··· Records for this task ···
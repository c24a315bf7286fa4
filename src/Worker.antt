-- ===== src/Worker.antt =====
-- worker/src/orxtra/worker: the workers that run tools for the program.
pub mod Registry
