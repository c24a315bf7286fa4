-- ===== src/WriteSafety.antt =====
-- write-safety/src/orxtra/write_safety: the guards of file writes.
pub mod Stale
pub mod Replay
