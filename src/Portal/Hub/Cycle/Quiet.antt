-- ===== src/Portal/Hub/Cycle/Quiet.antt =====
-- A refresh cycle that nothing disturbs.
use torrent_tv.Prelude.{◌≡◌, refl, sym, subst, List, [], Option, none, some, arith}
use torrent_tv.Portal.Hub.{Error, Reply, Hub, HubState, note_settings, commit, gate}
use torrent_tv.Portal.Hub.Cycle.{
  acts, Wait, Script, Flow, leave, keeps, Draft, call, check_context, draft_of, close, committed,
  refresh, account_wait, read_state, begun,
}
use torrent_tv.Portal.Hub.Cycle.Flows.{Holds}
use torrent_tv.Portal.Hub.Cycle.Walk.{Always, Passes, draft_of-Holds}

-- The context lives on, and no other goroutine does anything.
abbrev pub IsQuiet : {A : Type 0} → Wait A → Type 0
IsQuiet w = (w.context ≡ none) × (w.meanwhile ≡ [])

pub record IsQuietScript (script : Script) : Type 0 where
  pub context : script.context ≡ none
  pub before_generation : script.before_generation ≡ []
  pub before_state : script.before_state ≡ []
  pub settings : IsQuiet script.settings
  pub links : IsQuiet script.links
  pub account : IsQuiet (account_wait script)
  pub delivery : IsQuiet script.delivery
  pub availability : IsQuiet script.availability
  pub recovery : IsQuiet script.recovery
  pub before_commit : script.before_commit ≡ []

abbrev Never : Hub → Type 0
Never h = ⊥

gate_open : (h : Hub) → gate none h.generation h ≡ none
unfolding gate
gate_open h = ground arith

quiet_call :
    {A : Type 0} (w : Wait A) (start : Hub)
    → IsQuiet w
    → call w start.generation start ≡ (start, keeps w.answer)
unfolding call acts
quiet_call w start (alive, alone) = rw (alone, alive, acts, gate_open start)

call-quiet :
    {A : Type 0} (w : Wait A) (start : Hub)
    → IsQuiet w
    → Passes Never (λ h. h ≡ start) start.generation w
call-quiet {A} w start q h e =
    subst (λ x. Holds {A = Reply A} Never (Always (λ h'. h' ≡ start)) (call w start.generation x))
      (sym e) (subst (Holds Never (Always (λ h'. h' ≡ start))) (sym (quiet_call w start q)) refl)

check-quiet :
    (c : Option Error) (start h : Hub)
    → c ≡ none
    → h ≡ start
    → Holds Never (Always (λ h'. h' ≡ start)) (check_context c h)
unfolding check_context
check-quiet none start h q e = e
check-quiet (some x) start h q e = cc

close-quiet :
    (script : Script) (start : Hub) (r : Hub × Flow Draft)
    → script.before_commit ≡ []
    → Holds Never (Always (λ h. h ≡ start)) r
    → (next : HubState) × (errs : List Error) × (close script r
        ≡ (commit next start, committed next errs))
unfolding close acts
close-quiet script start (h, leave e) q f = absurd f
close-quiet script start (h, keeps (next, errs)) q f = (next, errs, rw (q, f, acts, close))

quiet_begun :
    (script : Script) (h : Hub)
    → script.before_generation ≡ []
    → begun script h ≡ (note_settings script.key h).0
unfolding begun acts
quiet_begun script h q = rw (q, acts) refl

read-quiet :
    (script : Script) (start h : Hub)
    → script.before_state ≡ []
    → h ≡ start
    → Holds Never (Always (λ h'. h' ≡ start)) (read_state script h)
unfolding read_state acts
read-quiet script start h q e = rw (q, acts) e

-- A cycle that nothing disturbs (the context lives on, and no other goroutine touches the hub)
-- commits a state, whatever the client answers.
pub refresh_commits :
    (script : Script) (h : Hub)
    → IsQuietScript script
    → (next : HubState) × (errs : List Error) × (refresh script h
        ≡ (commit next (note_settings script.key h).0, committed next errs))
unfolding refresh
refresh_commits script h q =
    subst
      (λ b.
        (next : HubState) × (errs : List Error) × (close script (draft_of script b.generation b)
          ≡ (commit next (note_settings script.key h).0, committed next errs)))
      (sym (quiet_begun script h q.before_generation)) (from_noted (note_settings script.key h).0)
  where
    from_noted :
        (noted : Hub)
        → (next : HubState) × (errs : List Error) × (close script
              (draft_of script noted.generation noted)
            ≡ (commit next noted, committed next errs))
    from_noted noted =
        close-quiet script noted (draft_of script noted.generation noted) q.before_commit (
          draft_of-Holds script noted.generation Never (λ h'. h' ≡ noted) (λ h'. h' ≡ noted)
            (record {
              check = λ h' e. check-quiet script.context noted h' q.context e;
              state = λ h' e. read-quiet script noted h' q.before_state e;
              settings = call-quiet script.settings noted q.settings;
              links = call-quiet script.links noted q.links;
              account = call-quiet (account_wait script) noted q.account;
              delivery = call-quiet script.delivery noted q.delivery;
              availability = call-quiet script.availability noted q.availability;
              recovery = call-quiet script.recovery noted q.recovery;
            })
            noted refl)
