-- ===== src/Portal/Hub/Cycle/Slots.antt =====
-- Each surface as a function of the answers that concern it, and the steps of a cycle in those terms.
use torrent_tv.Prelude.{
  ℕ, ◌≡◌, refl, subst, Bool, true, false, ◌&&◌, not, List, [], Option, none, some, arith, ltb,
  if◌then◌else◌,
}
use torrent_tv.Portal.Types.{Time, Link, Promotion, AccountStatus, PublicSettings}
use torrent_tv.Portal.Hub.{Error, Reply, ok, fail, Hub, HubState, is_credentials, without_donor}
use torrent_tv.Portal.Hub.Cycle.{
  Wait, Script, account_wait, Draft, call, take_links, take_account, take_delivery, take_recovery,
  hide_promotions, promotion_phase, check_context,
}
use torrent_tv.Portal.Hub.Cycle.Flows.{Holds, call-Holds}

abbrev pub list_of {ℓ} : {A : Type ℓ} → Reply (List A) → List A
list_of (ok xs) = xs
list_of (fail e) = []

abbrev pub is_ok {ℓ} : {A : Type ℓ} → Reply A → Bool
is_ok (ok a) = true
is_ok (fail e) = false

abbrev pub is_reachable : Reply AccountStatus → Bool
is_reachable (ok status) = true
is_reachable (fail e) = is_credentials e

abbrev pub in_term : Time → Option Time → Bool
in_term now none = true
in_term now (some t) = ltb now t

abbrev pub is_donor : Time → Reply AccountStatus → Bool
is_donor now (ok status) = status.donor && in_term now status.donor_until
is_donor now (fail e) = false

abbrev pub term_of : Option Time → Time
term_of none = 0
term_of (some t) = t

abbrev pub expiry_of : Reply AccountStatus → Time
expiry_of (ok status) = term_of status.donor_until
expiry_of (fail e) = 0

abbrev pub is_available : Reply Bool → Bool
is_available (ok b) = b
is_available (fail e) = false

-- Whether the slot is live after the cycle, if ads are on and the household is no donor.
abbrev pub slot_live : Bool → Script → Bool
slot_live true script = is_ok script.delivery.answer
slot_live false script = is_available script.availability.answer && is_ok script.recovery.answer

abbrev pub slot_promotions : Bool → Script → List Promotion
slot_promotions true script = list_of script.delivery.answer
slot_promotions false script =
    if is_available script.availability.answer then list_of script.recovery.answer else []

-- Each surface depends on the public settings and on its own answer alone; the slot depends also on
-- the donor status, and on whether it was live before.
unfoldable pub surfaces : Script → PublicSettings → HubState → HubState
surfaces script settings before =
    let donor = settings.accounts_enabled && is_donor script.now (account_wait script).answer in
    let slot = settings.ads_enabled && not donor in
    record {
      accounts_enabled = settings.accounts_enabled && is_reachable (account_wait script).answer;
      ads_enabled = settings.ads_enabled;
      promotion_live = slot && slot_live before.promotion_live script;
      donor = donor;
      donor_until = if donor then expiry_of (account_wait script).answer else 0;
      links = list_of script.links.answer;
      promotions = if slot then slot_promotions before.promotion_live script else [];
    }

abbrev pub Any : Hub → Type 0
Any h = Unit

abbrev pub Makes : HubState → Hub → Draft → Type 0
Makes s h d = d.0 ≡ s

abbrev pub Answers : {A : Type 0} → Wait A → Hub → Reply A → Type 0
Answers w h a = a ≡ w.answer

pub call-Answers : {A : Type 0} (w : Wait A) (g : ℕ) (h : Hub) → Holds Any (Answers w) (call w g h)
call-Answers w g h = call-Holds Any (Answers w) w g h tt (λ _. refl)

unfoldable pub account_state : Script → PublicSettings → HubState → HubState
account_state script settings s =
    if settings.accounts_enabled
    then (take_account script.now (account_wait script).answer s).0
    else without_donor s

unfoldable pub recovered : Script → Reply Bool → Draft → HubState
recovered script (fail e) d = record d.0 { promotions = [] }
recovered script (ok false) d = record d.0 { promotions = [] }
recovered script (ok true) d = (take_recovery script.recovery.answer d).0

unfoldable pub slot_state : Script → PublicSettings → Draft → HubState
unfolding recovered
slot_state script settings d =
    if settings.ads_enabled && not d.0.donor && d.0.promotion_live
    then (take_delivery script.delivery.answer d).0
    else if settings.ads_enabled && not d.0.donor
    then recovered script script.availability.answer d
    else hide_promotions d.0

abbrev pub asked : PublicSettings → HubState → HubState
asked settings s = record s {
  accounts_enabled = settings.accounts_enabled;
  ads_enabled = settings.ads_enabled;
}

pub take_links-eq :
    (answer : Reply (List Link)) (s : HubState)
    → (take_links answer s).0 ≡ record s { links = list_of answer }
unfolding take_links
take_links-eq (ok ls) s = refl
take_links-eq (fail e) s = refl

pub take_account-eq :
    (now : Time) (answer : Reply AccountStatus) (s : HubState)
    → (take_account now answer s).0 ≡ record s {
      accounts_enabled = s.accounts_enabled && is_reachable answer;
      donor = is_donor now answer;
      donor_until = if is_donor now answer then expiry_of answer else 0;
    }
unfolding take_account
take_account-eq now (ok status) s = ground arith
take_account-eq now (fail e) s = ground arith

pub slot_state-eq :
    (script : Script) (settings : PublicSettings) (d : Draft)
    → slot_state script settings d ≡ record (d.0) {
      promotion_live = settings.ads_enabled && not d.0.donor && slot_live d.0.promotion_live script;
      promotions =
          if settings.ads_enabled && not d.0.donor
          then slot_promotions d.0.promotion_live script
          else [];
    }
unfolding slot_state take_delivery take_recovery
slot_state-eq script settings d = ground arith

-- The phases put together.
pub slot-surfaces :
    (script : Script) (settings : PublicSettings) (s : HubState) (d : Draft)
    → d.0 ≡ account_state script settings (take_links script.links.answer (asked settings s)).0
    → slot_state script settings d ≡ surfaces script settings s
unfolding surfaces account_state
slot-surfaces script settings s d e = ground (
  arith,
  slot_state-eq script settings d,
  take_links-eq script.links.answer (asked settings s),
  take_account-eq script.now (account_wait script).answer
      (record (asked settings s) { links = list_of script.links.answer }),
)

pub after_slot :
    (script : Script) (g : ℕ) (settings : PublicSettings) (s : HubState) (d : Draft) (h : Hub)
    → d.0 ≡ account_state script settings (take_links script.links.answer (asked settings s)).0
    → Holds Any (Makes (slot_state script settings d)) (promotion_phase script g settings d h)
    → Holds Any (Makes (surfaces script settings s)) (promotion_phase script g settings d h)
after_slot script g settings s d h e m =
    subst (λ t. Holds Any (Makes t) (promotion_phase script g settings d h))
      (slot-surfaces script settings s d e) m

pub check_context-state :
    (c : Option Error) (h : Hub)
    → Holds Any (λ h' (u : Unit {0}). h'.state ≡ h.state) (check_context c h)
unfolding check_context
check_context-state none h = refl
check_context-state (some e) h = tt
···
··· Records for this task ···
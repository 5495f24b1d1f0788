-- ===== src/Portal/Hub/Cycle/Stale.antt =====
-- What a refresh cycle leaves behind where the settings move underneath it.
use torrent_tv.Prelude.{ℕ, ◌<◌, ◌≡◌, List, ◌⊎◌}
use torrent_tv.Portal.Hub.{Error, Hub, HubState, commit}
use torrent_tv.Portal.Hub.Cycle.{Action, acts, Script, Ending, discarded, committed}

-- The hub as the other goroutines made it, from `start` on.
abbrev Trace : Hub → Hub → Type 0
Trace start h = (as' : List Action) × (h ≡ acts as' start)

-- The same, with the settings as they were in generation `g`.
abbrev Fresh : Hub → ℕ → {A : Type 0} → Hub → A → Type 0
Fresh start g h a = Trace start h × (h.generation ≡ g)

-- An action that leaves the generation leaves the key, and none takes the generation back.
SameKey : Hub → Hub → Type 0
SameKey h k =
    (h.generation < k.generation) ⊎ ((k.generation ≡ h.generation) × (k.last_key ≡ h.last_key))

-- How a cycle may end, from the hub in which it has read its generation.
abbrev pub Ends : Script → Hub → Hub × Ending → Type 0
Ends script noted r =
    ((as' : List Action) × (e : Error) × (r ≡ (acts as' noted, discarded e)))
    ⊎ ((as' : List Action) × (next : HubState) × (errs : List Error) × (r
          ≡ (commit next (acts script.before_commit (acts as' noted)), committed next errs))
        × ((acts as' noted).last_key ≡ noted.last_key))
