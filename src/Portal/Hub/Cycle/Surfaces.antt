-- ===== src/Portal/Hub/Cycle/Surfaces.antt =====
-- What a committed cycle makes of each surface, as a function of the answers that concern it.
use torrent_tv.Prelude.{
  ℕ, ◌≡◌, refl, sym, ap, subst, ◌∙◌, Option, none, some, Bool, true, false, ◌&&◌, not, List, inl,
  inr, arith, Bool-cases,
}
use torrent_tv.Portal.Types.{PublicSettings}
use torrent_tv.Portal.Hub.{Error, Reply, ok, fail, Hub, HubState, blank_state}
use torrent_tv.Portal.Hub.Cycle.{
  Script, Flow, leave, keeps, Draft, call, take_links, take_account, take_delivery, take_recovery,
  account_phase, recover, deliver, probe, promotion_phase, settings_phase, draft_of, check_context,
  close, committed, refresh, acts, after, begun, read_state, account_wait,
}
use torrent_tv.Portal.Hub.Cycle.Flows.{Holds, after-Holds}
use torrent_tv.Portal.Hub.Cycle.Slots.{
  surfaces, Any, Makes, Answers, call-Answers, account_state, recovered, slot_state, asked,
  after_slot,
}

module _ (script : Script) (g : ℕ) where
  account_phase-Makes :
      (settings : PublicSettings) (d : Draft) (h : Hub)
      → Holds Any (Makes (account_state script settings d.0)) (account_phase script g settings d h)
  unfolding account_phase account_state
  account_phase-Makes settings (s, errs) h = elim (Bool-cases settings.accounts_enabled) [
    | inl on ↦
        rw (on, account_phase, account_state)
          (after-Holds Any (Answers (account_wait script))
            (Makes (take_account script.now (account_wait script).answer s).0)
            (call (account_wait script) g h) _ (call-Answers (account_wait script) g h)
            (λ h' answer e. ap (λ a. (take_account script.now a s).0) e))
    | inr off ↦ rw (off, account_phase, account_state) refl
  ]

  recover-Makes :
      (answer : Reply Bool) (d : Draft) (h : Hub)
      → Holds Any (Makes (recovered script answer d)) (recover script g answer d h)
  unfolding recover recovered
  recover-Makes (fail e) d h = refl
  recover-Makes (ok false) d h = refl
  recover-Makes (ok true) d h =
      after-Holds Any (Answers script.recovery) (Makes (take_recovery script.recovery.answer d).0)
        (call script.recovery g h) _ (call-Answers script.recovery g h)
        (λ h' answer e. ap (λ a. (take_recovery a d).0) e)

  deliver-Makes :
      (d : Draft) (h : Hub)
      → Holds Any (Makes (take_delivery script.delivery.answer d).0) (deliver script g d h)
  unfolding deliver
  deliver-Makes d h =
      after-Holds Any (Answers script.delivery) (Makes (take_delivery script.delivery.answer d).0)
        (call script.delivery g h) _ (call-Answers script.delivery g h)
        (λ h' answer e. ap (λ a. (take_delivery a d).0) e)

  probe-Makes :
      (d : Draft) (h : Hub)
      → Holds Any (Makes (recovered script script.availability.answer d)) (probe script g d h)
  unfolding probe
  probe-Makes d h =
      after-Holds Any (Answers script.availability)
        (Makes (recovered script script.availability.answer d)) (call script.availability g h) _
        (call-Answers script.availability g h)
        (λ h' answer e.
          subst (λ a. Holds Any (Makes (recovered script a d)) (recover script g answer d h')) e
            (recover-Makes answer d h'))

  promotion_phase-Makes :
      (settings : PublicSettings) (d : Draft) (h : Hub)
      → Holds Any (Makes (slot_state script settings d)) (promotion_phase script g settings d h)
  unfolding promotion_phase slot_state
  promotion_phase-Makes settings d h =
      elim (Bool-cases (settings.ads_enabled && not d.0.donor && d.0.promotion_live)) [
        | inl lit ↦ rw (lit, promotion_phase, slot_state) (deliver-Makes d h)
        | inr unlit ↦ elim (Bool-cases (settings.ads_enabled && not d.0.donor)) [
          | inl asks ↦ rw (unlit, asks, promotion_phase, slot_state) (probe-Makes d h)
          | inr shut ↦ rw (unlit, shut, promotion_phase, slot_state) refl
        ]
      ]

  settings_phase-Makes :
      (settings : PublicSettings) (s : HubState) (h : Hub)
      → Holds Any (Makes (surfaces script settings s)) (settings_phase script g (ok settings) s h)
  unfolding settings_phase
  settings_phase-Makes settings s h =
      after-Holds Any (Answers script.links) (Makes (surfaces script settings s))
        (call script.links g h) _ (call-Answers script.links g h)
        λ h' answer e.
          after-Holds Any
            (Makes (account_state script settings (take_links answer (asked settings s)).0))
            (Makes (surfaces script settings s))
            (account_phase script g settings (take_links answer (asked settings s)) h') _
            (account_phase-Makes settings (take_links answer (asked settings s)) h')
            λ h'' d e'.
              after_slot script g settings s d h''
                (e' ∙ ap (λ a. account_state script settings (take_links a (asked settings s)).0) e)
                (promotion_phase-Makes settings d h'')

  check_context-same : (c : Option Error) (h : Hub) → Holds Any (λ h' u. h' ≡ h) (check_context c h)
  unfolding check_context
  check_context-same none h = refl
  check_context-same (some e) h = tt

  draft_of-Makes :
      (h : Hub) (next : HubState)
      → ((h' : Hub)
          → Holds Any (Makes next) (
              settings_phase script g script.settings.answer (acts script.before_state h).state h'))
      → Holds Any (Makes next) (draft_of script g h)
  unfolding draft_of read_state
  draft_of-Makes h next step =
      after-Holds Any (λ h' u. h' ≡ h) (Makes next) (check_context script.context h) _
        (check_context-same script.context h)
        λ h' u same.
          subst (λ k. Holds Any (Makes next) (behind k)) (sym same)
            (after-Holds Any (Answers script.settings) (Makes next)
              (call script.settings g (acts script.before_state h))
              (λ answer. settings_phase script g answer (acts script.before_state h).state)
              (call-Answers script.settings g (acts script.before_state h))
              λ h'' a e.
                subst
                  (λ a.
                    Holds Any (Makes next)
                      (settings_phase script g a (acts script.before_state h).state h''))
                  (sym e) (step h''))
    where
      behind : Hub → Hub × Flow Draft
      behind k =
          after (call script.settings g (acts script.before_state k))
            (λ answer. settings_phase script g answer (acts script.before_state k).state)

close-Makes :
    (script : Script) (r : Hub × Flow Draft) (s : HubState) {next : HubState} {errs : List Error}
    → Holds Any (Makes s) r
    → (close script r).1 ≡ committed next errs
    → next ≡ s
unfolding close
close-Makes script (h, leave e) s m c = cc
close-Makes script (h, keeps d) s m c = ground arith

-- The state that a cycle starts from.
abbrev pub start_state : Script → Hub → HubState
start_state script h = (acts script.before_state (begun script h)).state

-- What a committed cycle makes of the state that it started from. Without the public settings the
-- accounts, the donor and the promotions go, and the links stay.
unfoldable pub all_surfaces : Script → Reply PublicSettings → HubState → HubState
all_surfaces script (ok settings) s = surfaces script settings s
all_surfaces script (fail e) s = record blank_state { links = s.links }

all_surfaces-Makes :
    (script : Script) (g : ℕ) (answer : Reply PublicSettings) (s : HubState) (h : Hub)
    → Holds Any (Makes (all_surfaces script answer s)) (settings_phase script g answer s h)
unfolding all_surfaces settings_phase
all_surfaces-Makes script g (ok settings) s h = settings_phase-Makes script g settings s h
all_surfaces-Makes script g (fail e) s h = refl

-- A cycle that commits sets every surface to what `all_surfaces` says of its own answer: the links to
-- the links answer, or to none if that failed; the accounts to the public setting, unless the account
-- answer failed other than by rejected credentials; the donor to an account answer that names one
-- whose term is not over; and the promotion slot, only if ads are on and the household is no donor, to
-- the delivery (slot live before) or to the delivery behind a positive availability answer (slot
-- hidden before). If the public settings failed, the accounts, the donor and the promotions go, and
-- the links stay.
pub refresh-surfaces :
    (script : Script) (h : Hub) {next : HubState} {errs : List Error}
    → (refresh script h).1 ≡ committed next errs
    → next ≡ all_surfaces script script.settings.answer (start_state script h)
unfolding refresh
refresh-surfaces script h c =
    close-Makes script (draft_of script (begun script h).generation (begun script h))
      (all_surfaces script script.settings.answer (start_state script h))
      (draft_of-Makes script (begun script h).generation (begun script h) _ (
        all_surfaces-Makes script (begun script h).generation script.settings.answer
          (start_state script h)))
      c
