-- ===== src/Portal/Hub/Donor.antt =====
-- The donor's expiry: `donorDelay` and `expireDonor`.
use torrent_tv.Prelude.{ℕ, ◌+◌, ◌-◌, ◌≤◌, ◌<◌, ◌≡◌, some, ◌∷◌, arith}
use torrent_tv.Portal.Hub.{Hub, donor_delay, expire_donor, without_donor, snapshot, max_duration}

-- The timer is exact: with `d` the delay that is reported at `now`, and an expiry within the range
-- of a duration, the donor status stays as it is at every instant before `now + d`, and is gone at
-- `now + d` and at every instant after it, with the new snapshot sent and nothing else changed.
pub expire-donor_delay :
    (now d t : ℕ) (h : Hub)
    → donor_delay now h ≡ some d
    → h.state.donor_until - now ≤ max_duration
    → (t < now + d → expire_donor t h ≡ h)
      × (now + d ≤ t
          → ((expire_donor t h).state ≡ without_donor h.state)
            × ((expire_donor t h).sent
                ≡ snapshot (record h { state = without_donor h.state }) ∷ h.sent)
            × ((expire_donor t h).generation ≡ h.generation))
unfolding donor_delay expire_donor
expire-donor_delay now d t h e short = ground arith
···
··· Records for this task ···
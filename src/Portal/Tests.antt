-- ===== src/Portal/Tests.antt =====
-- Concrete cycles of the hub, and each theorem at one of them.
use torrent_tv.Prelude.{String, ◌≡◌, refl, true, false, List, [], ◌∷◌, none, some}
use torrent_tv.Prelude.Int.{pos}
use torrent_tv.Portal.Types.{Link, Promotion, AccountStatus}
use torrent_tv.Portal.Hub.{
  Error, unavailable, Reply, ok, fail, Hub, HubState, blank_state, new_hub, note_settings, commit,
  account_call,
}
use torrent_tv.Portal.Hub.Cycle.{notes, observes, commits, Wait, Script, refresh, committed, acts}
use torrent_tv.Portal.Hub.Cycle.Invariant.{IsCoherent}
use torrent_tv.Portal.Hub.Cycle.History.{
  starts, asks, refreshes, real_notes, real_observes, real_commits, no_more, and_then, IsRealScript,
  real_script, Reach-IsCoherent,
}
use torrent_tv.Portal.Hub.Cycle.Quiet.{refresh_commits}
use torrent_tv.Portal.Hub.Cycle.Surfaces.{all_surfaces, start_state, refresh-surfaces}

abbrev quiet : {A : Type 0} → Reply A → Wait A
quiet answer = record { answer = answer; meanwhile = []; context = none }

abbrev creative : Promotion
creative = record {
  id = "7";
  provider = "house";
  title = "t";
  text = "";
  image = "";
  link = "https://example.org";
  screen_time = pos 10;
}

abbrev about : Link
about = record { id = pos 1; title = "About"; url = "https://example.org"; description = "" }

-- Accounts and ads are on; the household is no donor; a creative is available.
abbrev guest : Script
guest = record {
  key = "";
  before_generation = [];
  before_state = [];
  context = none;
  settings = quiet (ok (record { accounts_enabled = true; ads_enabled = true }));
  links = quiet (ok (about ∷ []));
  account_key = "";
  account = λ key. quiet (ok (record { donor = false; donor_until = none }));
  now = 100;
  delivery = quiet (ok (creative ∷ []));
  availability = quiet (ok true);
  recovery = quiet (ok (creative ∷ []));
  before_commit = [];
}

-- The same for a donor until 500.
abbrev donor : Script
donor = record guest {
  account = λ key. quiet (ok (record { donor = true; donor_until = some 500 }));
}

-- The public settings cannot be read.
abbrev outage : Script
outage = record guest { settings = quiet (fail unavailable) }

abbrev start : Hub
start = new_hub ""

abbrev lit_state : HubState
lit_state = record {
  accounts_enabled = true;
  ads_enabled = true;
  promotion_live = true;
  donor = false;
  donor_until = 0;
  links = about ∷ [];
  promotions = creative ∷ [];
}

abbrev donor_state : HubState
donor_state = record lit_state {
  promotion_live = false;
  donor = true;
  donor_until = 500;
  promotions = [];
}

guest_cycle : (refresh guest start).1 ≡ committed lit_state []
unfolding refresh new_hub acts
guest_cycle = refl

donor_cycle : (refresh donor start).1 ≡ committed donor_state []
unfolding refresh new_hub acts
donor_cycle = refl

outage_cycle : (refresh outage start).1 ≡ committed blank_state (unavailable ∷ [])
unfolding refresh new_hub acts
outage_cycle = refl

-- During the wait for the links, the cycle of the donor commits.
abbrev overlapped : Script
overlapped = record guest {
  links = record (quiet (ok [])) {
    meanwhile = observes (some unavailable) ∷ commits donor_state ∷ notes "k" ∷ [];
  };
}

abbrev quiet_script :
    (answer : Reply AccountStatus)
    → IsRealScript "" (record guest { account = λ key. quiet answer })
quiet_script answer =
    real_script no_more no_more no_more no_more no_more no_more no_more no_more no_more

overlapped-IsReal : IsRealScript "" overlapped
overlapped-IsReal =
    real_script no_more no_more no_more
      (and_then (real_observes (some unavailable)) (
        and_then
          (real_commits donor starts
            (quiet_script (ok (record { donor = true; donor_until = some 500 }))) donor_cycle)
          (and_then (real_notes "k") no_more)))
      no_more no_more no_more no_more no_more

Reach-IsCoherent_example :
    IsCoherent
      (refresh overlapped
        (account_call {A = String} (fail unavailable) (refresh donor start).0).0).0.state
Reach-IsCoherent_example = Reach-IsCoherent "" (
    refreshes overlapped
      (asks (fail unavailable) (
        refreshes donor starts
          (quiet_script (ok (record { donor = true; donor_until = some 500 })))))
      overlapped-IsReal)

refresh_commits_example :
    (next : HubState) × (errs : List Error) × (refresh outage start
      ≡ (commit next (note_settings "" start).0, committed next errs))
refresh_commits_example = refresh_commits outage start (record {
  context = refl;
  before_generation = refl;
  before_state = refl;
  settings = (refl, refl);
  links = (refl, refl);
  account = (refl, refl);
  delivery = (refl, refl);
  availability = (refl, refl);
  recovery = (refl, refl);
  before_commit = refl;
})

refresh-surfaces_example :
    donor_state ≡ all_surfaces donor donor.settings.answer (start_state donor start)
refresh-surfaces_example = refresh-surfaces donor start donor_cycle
···
Task prompt
Produce a word-for-word copy of everything above from the line holding "start)) (check_context c h)" down to the line holding "Error) × (refresh script h", with both of those lines kept.

Solution for this task
    → Holds Never (Always (λ h'. h' ≡ start)) (check_context c h)
unfolding check_context
check-quiet none start h q e = e
check-quiet (some x) start h q e = cc

close-quiet :
    (script : Script) (start : Hub) (r : Hub × Flow Draft)
    → script.before_commit ≡ []
    → Holds Never (Always (λ h. h ≡ start)) r
    → (next : HubState) × (errs : List Error) × (close script r
        ≡ (commit next start, committed next errs))
unfolding close acts
close-quiet script start (h, leave e) q f = absurd f
close-quiet script start (h, keeps (next, errs)) q f = (next, errs, rw (q, f, acts, close))

quiet_begun :
    (script : Script) (h : Hub)
    → script.before_generation ≡ []
    → begun script h ≡ (note_settings script.key h).0
unfolding begun acts
quiet_begun script h q = rw (q, acts) refl

read-quiet :
    (script : Script) (start h : Hub)
    → script.before_state ≡ []
    → h ≡ start
    → Holds Never (Always (λ h'. h' ≡ start)) (read_state script h)
unfolding read_state acts
read-quiet script start h q e = rw (q, acts) e

-- A cycle that nothing disturbs (the context lives on, and no other goroutine touches the hub)
-- commits a state, whatever the client answers.
pub refresh_commits :
    (script : Script) (h : Hub)
    → IsQuietScript script
    → (next : HubState) × (errs : List Error) × (refresh script h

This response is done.